Not many will have a chrony, jeff


----------



## JoergS (Dec 17, 2009)

Just one chrony will do, at 10 shots per person. Fixed mounted and protected.

Women? Well, if enough female athletes sign up, a lower limit (25 Joules?) would be in order.

Jörg


----------



## Guest (Aug 14, 2010)

ZDP-189 said:


> Sounds cool?
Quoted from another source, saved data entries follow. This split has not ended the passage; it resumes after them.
-- ===== src/Nanopb/Decode/Message/Layout.antt =====
-- A structure whose fields are all required and of unsigned types: where pb_common.c finds its fields,
-- and what the memory holds when pb_decode.c has stored a number in each of them.
use social_timeline.Common.{
  ℕ, zero, suc, ◌+◌, ◌^◌, ◌≤◌, ◌<◌, ◌≡◌, refl, arith, ◌∙◌, ap, ◌⊎◌, inl, inr, ◌==◌,
}
use social_timeline.Common.{true, List, [], ◌∷◌, All, length, Bool-cases}
use social_timeline.Nanopb.Field.{
  Field, FieldIter, ltype_uvarint, pb_field_iter_begin, step_over, field_extent,
}
use social_timeline.Nanopb.Field.Iterate.{
  HasTag, descriptor, iter_at, iter_at-pos, iter_at-next, get_or-HasTag, current-iter_at,
}
use social_timeline.Nanopb.Memory.{Memory, load}
use social_timeline.Nanopb.Memory.Store.{load-unsigned, load-store_apart}
use social_timeline.Nanopb.Encode.Values.{load-lt}
use social_timeline.Nanopb.Decode.Sizes.{Size}
use social_timeline.Nanopb.Decode.Required.Seen.{is_in}
use social_timeline.Nanopb.Decode.Message.Known.{IsOnly}
use social_timeline.Nanopb.Decode.Message.Sequence.{Entry, field_at, Fits, stored}
use social_timeline.Nanopb.Decode.Message.Complete.{places_of}

-- The field at `j` is a required one of an unsigned type, with a tag of its own.
abbrev pub IsUnsigned : List Field → List Field → ℕ → Type 0
IsUnsigned fs behind j =
    let field = field_at fs behind j in
    IsOnly field.tag fs behind j
    × (field.type ≡ ltype_uvarint)
    × Size field.data_size
    × (field.tag < 2 ^ 29)

-- Where the field at `j` lies in the structure at `base`.
abbrev pub address : List Field → List Field → ℕ → ℕ → ℕ
address fs behind base j = (iter_at (descriptor fs behind) base j).p_data

-- The entries for `count` fields from `k` on, with the numbers that the structure at `base` holds.
unfoldable pub held : List Field → List Field → Memory → ℕ → ℕ → ℕ → List Entry
held fs behind m base zero k = []
held fs behind m base (suc count) k =
    let number = load m (field_at fs behind k).data_size (address fs behind base k) in
    let entry : Entry = record { place = k; number = number } in
    entry ∷ held fs behind m base count (suc k)

pub is_in-places_of :
    (fs behind : List Field) (m : Memory) (base count k : ℕ) (before : List ℕ) (i : ℕ)
    → (is_in i before ≡ true) ⊎ ((k ≤ i) × (i < k + count))
    → is_in i (places_of (held fs behind m base count k) before) ≡ true
unfolding held places_of is_in
is_in-places_of fs behind m base zero k before i (inl old) = old
is_in-places_of fs behind m base zero k before i (inr (low, high)) = absurd (omega arith)
is_in-places_of fs behind m base (suc count) k before i (inl old) =
    is_in-places_of fs behind m base count (suc k) (k ∷ before) i (inl (ground arith))
is_in-places_of fs behind m base (suc count) k before i (inr (low, high)) =
    elim (Bool-cases (i == k)) [
      | inl here ↦
          is_in-places_of fs behind m base count (suc k) (k ∷ before) i (inl (rw here refl))
      | inr later ↦
          is_in-places_of fs behind m base count (suc k) (k ∷ before) i
            (inr (ground arith, omega arith))
    ]

module _ (fs behind : List Field) (all : All HasTag fs)
    (simple : (j : ℕ) → j < length fs → IsUnsigned fs behind j) where
  pub held-Fits :
      (m : Memory) (base count k : ℕ)
      → ((a : ℕ) → m a < 256)
      → k + count ≤ length fs
      → All (Fits fs behind) (held fs behind m base count k)
  unfolding held
  held-Fits m base zero k is_memory h = tt
  held-Fits m base (suc count) k is_memory h =
      let (only, typ, size, small) = simple k (omega arith) in
      (
        (omega arith, only, typ, size, load-lt m is_memory _ (address fs behind base k), small),
        held-Fits m base count (suc k) is_memory (omega arith),
      )

  step_over-address :
      (prev : Field) (it : FieldIter)
      → prev.type ≡ ltype_uvarint
      → it.p_data + prev.data_size ≤ (step_over prev it).p_data
  unfolding step_over field_extent
  step_over-address prev it typ = rw typ (omega arith)

  next_address :
      (base j : ℕ)
      → suc j < length fs
      → address fs behind base j + (field_at fs behind j).data_size ≤ address fs behind base (suc j)
  next_address base j h =
      let at = iter_at (descriptor fs behind) base in
      let (start, pos, _) = iter_at-pos fs behind base all j (omega arith) in
      let here = current-iter_at fs behind base all j (omega arith) in
      let moved =
        iter_at-next (descriptor fs behind) base j
          (rw here (get_or-HasTag fs behind j all (omega arith)))
          (rw (start, pos) (get_or-HasTag fs behind (suc j) all h)) in
      let same = ap (λ it. it.p_data) moved ∙ ap (λ f. (step_over f (at j)).p_data) here in
      let (_, typ, _, _) = simple j (omega arith) in
      omega (arith, same, step_over-address (field_at fs behind j) (at j) typ)

  -- A field lies behind those before it.
  address-apart :
      (base i j : ℕ)
      → i < j
      → j < length fs
      → address fs behind base i + (field_at fs behind i).data_size ≤ address fs behind base j
  address-apart base i zero h inside = absurd (omega arith)
  address-apart base i (suc j) h inside = elim (Bool-cases (i == j)) [
    | inl last ↦ let e : i ≡ j = ground arith in rw e (next_address base j inside)
    | inr early ↦
        let before = address-apart base i j (ground arith) (omega arith) in
        omega (arith, before, next_address base j inside)
  ]

  pub address-above : (base j : ℕ) → j < length fs → base ≤ address fs behind base j
  unfolding iter_at pb_field_iter_begin
  address-above base zero h = omega arith
  address-above base (suc j) h =
      omega (arith, address-above base j (omega arith), next_address base j h)

  module _ (m : Memory) (src dest : ℕ) where
    stored_before :
        (count k j : ℕ) (m' : Memory)
        → k + count ≤ length fs
        → j < k
        → load
            (stored fs behind dest (held fs behind m src count k) m')
            (field_at fs behind j).data_size
            (address fs behind dest j)
          ≡ load m' (field_at fs behind j).data_size (address fs behind dest j)
    unfolding held stored
    stored_before zero k j m' h early = refl
    stored_before (suc count) k j m' h early =
        stored_before count (suc k) j _ (omega arith) (omega arith)
        ∙ load-store_apart m' (field_at fs behind k).data_size (address fs behind dest k) _
            (field_at fs behind j).data_size (address fs behind dest j)
            (inl (address-apart dest j k early (omega arith)))

    -- Each field then holds the number that it holds in the other structure.
    pub stored-held :
        (count k j : ℕ) (m' : Memory)
        → ((a : ℕ) → m a < 256)
        → k + count ≤ length fs
        → k ≤ j
        → j < k + count
        → load
            (stored fs behind dest (held fs behind m src count k) m')
            (field_at fs behind j).data_size
            (address fs behind dest j)
          ≡ load m (field_at fs behind j).data_size (address fs behind src j)
    unfolding held stored
    stored-held zero k j m' is_memory h low high = absurd (omega arith)
    stored-held (suc count) k j m' is_memory h low high = elim (Bool-cases (j == k)) [
      | inl here ↦
          let e : j ≡ k = ground arith in
          rw e (
            stored_before count (suc k) k _ (omega arith) (omega arith)
            ∙ load-unsigned m' (field_at fs behind k).data_size (address fs behind dest k) _
                (load-lt m is_memory _ (address fs behind src k)))
      | inr later ↦
          stored-held count (suc k) j _ is_memory (omega arith) (ground arith) (omega arith)
    ]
But what about the women?


both for men and women,


----------



## Tex-Shooter (Dec 17, 2009)

Of course you can use your feet two. -- Tex


----------



## mr.joel (Dec 21, 2009)

The Mongo shoot..."Mongo only pawn in game of life."


----------



## Jaybird (Dec 20, 2009)

Jorg
I'll have the chrony ready.


----------



## Flatband (Dec 18, 2009)

Russian women would love the tournament!







Flatband


----------



## JoergS (Dec 17, 2009)

mr.joel said:


> The Mongo shoot..."Mongo only pawn in game of life."


I disagree. This is the master discipline. Hitting with a strong slingshot is much harder, plus the slingshot must be well designed.


----------



## bunnybuster (Dec 26, 2009)

JoergS said:


> The Mongo shoot..."Mongo only pawn in game of life."
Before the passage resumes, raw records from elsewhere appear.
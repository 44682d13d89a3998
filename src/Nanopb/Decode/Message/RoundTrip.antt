-- ===== src/Nanopb/Decode/Message/RoundTrip.antt =====
-- `pb_encode` of pb_encode.c and `pb_decode` of pb_decode.c on a message of any number of required
-- fields of unsigned types.
use social_timeline.Common.{
  ℕ, zero, suc, ◌+◌, ◌-◌, ◌%◌, ◌^◌, ◌≤◌, ◌<◌, ◌≡◌, ◌≢◌, refl, arith, ◌∙◌, ap, ◌==◌, inr,
}
use social_timeline.Common.{
  true, false, none, some, List, [], ◌∷◌, ◌++◌, All, length, drop, length-append, if◌then◌else◌,
}
use social_timeline.Nanopb.Outcome.{missing_required_field, ok}
use social_timeline.Nanopb.Varint.Bytes.{varint}
use social_timeline.Nanopb.Wire.{wt_varint}
use social_timeline.Nanopb.Wire.Encode.{key}
use social_timeline.Nanopb.Field.{Field, FieldIter, last_field, pb_field_iter_begin}
use social_timeline.Nanopb.Field.Iterate.{
  HasTag, descriptor, iter_at, get_or-HasTag, current-iter_at, pb_field_iter_next_turns,
}
use social_timeline.Nanopb.Memory.{Memory, load, store}
use social_timeline.Nanopb.Encode.Spec.{
  Bytes, both, Content, message_bytes, fields_bytes, current_bytes, field_bytes, basic_bytes,
  value_bytes, tag_bytes,
}
use social_timeline.Nanopb.Ostream.{pb_ostream_from_buffer}
use social_timeline.Nanopb.Ostream.Bounds.{holding}
use social_timeline.Nanopb.Encode.Message.{pb_encode}
use social_timeline.Nanopb.Encode.Refines.{Setting, program, content}
use social_timeline.Nanopb.Encode.Sizes.{pb_encode_into_buffer}
use social_timeline.Nanopb.Heap.{Machine}
use social_timeline.Nanopb.Decode.State.{Decoding, DecoderProgram, refuse, write_memory}
use social_timeline.Nanopb.Decode.Values.{decoding}
use social_timeline.Nanopb.Decode.Sizes.{Size-integer_size}
use social_timeline.Nanopb.Decode.Default.{pb_message_set_to_defaults}
use social_timeline.Nanopb.Decode.Release.{pb_release}
use social_timeline.Nanopb.Decode.Nested.{release_failed, decode_message}
use social_timeline.Nanopb.Decode.Message.{pb_decode}
use social_timeline.Nanopb.Decode.Message.Sequence.{field_at, entry_bytes, entries_bytes, stored}
use social_timeline.Nanopb.Decode.Message.Complete.{
  all_in, is_in-all_in, places_of, pb_decode_noinit_complete,
}
use social_timeline.Nanopb.Decode.Message.Layout.{
  IsUnsigned, address, held, is_in-places_of, held-Fits, address-above, stored-held,
}

module _ (fs behind : List Field) (all : All HasTag fs)
    (simple : (j : ℕ) → j < length fs → IsUnsigned fs behind j) (content : Content) (src : ℕ)
    (somewhere : src ≢ 0) where
  abbrev at : ℕ → FieldIter
  at = iter_at (descriptor fs behind) src

  -- What a field is encoded to.
  abbrev sent : ℕ → List ℕ
  sent k =
      varint 9 (key wt_varint (field_at fs behind k).tag)
      ++ varint 9 (load content.memory (field_at fs behind k).data_size (at k).p_data)

  current_bytes-field :
      (nested : List Field → ℕ → Bytes) (depth k : ℕ)
      → k < length fs
      → current_bytes content nested depth (at k) ≡ some (sent k)
  unfolding current_bytes field_bytes basic_bytes value_bytes tag_bytes
  current_bytes-field nested depth k h =
      let (_, typ, size, small) = simple k h in
      let here = current-iter_at fs behind src all k h in
      let above = address-above fs behind all simple src k h in
      let not_null : ((at k).p_data == 0) ≡ false = ground arith in
      let whole : (field_at fs behind k).tag % 2 ^ 61 ≡ (field_at fs behind k).tag = omega arith in
      rw (here, typ, not_null, whole, Size-integer_size (field_at fs behind k).data_size size) refl

  fields_bytes-held :
      (body : FieldIter → Bytes) (fuel count k : ℕ)
      → ((j : ℕ) → j < length fs → body (at j) ≡ some (sent j))
      → k + suc count ≡ length fs
      → length fs ≤ k + fuel
      → fields_bytes content body fuel (at k)
        ≡ some (entries_bytes fs behind (held fs behind content.memory src (suc count) k))
  unfolding fields_bytes entries_bytes entry_bytes held
  fields_bytes-held body zero count k each e enough = absurd (omega arith)
  fields_bytes-held body (suc fuel) zero k each e enough =
      let last : (suc k == length fs) ≡ true = ground arith in
      rw (each k (omega arith), pb_field_iter_next_turns fs behind src all k (omega arith), last)
        refl
  fields_bytes-held body (suc fuel) (suc count) k each e enough =
      let more : (suc k == length fs) ≡ false = ground arith in
      rw (each k (omega arith), pb_field_iter_next_turns fs behind src all k (omega arith), more)
        (ap (both (some (sent k)))
          (fields_bytes-held body fuel count (suc k) each (omega arith) (omega arith)))

  begins : 0 < length fs → (pb_field_iter_begin (descriptor fs behind) src).1 ≡ true
  unfolding pb_field_iter_begin
  begins h = let first = get_or-HasTag fs behind 0 all h in ground arith

  pub message_bytes-held :
      (depth : ℕ)
      → 0 < length fs
      → message_bytes content (suc depth) (descriptor fs behind) src
        ≡ some (entries_bytes fs behind (held fs behind content.memory src (length fs) 0))
  unfolding message_bytes iter_at
  message_bytes-held depth h =
      let body = current_bytes content (message_bytes content depth) depth in
      let long = length-append fs (last_field ∷ behind) in
      let whole : suc (length fs - 1) ≡ length fs = omega arith in
      rw (begins h) (
        fields_bytes-held body (length (descriptor fs behind)) (length fs - 1) 0
          (current_bytes-field (message_bytes content depth) depth) (omega arith)
          (omega (arith, long))
        ∙ ap (λ c. some (entries_bytes fs behind (held fs behind content.memory src c 0))) whole)

pub pb_decode-held :
    {S : Type 0} (decoder : DecoderProgram S) (depth : ℕ) (fs behind : List Field) (m : Memory)
    (src dest : ℕ) (l : List ℕ) (x : Machine)
    → All HasTag fs
    → ((j : ℕ) → j < length fs → IsUnsigned fs behind j)
    → ((a : ℕ) → m a < 256)
    → 0 < length fs
    → length fs ≤ 64
    → let bytes = entries_bytes fs behind (held fs behind m src (length fs) 0) in
      (m' : Memory) × (pb_decode decoder
          (suc depth)
          (descriptor fs behind)
          dest
          (decoding {S = S} (bytes ++ l) (length bytes) none x)
        ≡ ok tt (decoding l 0 none (record x { memory = m' })))
      × ((j : ℕ)
          → j < length fs
          → load m' (field_at fs behind j).data_size (address fs behind dest j)
            ≡ load m (field_at fs behind j).data_size (address fs behind src j))
unfolding pb_decode decode_message release_failed write_memory
pb_decode-held {S = S} decoder depth fs behind m src dest l x all simple is_memory nonempty few =
    let fields = descriptor fs behind in
    let es = held fs behind m src (length fs) 0 in
    let bytes = entries_bytes fs behind es in
    let defaults =
      pb_message_set_to_defaults decoder.descriptors (suc depth) fields dest x.memory in
    let reset = store defaults 4 (decoder.fixed_count_at depth) 0 in
    let m' = stored fs behind dest es reset in
    let d : Decoding S = decoding l 0 none (record x { memory = m' }) in
    let complete : all_in (length fs) (places_of es []) ≡ true =
      is_in-all_in (length fs) (places_of es []) (λ i h.
        is_in-places_of fs behind m src (length fs) 0 [] i (inr (omega arith, omega arith))) in
    (
      m',
      ap (release_failed (pb_release decoder.descriptors (suc depth) fields dest)) (
          pb_decode_noinit_complete decoder depth fs behind dest es l none
            (record x { memory = defaults }) all (λ j h. let (_, typ, _, _) = simple j h in typ)
            nonempty few
            (held-Fits fs behind all simple m src (length fs) 0 is_memory (omega arith))
          ∙ ap (λ b. if b then ok tt d else refuse missing_required_field d) complete),
      λ j h.
          stored-held fs behind all simple m src dest (length fs) 0 j reset is_memory (omega arith)
            (omega arith) (omega arith),
    )

-- A message of up to 64 fields, which are all required and of unsigned types, that `pb_encode` has put
-- into a buffer is read back by `pb_decode`: it succeeds at the end of what has been written, and each
-- field of the structure at `dest` then holds the number that the same field of the structure at `src`
-- holds. The fields have 1, 2, 4 or 8 bytes, no two have the same tag, which is below 2 ^ 29, `src` is not
-- 0, and the buffer has room for the message.
pub pb_decode-pb_encode :
    {S : Type 0} (setting : Setting) (decoder : DecoderProgram S) (depth depth' : ℕ)
    (fs behind : List Field) (src dest : ℕ) (buffer : List ℕ) (bufsize : ℕ) (x : Machine)
    → All HasTag fs
    → ((j : ℕ) → j < length fs → IsUnsigned fs behind j)
    → 0 < length fs
    → length fs ≤ 64
    → src ≢ 0
    → let bytes = entries_bytes fs behind (held fs behind setting.memory src (length fs) 0) in
      length bytes ≤ bufsize
      → bufsize ≤ length buffer
      → bufsize < 2 ^ 64
      → let rest = drop (length bytes) buffer in
        (pb_encode
            (program setting)
            (suc depth)
            (descriptor fs behind)
            src
            (pb_ostream_from_buffer buffer bufsize)
          ≡ ok tt (holding bytes rest bufsize (length bytes) none))
        × (m : Memory) × (pb_decode decoder
              (suc depth')
              (descriptor fs behind)
              dest
              (decoding {S = S} (bytes ++ rest) (length bytes) none x)
            ≡ ok tt (decoding rest 0 none (record x { memory = m })))
        × ((j : ℕ)
            → j < length fs
            → load m (field_at fs behind j).data_size (address fs behind dest j)
              ≡ load setting.memory (field_at fs behind j).data_size (address fs behind src j))
pb_decode-pb_encode setting decoder depth depth' fs behind src dest buffer bufsize x all simple
      nonempty few somewhere fits inside short =
    let bytes = entries_bytes fs behind (held fs behind setting.memory src (length fs) 0) in
    let meant =
      message_bytes-held fs behind all simple (content setting) src somewhere depth nonempty in
    let (m, decoded, holds) =
      pb_decode-held decoder depth' fs behind setting.memory src dest (drop (length bytes) buffer) x
        all simple setting.is_memory nonempty few in
    (
      pb_encode_into_buffer setting (suc depth) (descriptor fs behind) src bytes meant buffer
          bufsize fits inside short,
      m,
      decoded,
      holds,
    )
I disagree. This is the master discipline. Hitting with a strong slingshot is much harder, plus the slingshot must be well designed.
[/quote]
Ok,sounds fun.
What is 45 joules?


----------



## mr.joel (Dec 21, 2009)

JoergS said:


> The Mongo shoot..."Mongo only pawn in game of life."


I disagree. This is the master discipline. Hitting with a strong slingshot is much harder, plus the slingshot must be well designed.
[/quote]
Disagree with WHAT? It was a JOKE! You guys take yourselves WAY too seriously!


----------



## Flatband (Dec 18, 2009)

Tom, 45 joules is the hitting power (impact energy) of a projectile. In this instance a pretty darn powerfully banded slingshot with a heavy ball or extremely fast bands with a slightly lighter ball. Without doing any calculations and a quick guess,I'd say a 3/4" steel ball doing around 300fps would be close but probably not fast enough for that type of impact energy- end result-Joerg would win the contest!!!!!








Flatband


----------



## Sam (Jul 5, 2010)

Flatband said:


> Tom, 45 joules is the hitting power (impact energy) of a projectile. In this instance a pretty darn powerfully banded slingshot with a heavy ball or extremely fast bands with a slightly lighter ball. Without doing any calculations and a quick guess,I'd say a 3/4" steel ball doing around 300fps would be close but probably not fast enough for that type of impact energy- end result-Joerg would win the contest!!!!!
> 
> 
> 
> ...


Lol yeah it's a competition very much orientated towards Joerg, I'm just upset that I'd probably have to shoot with the women!


----------



## Performance Catapults (Feb 3, 2010)

I'll just throw a baseball.


----------



## USASlingshot (Feb 25, 2010)

sounds cool. if i can go to alverton i deffinitly wanna try that out


----------



## Jaybird (Dec 20, 2009)

Jorg

Can you give us an idea of how fast differant size projectiles have to travel to achieve 45 Joules.


----------



## dgui (Jan 12, 2010)

I Quit !


----------



## USASlingshot (Feb 25, 2010)

dgui said:


> I Quit !


great attitide







haha


----------



## JoergS (Dec 17, 2009)

A .60 cal lead ball (26 gramms) would have to fly at 194 fps (59 m/s) for 45 Joules.

Formula:

Speed x Speed x 0,5xweight

59 x 59 x 0,013 = 45,353 Joules

1 m = 3,28 ft

1 gramm = 16 grain

Jörg


----------



## Saxon (Mar 17, 2010)

Im up for it. But,,,I have no idea how many joules my slingshot puts out with what ammo. Ill just show up with what I always use. If its not enough Ill beef it up till I make the cut. Sounds fun,.


----------



## snakeshack (Jul 15, 2010)

mr.joel said:


> The Mongo shoot..."Mongo only pawn in game of life."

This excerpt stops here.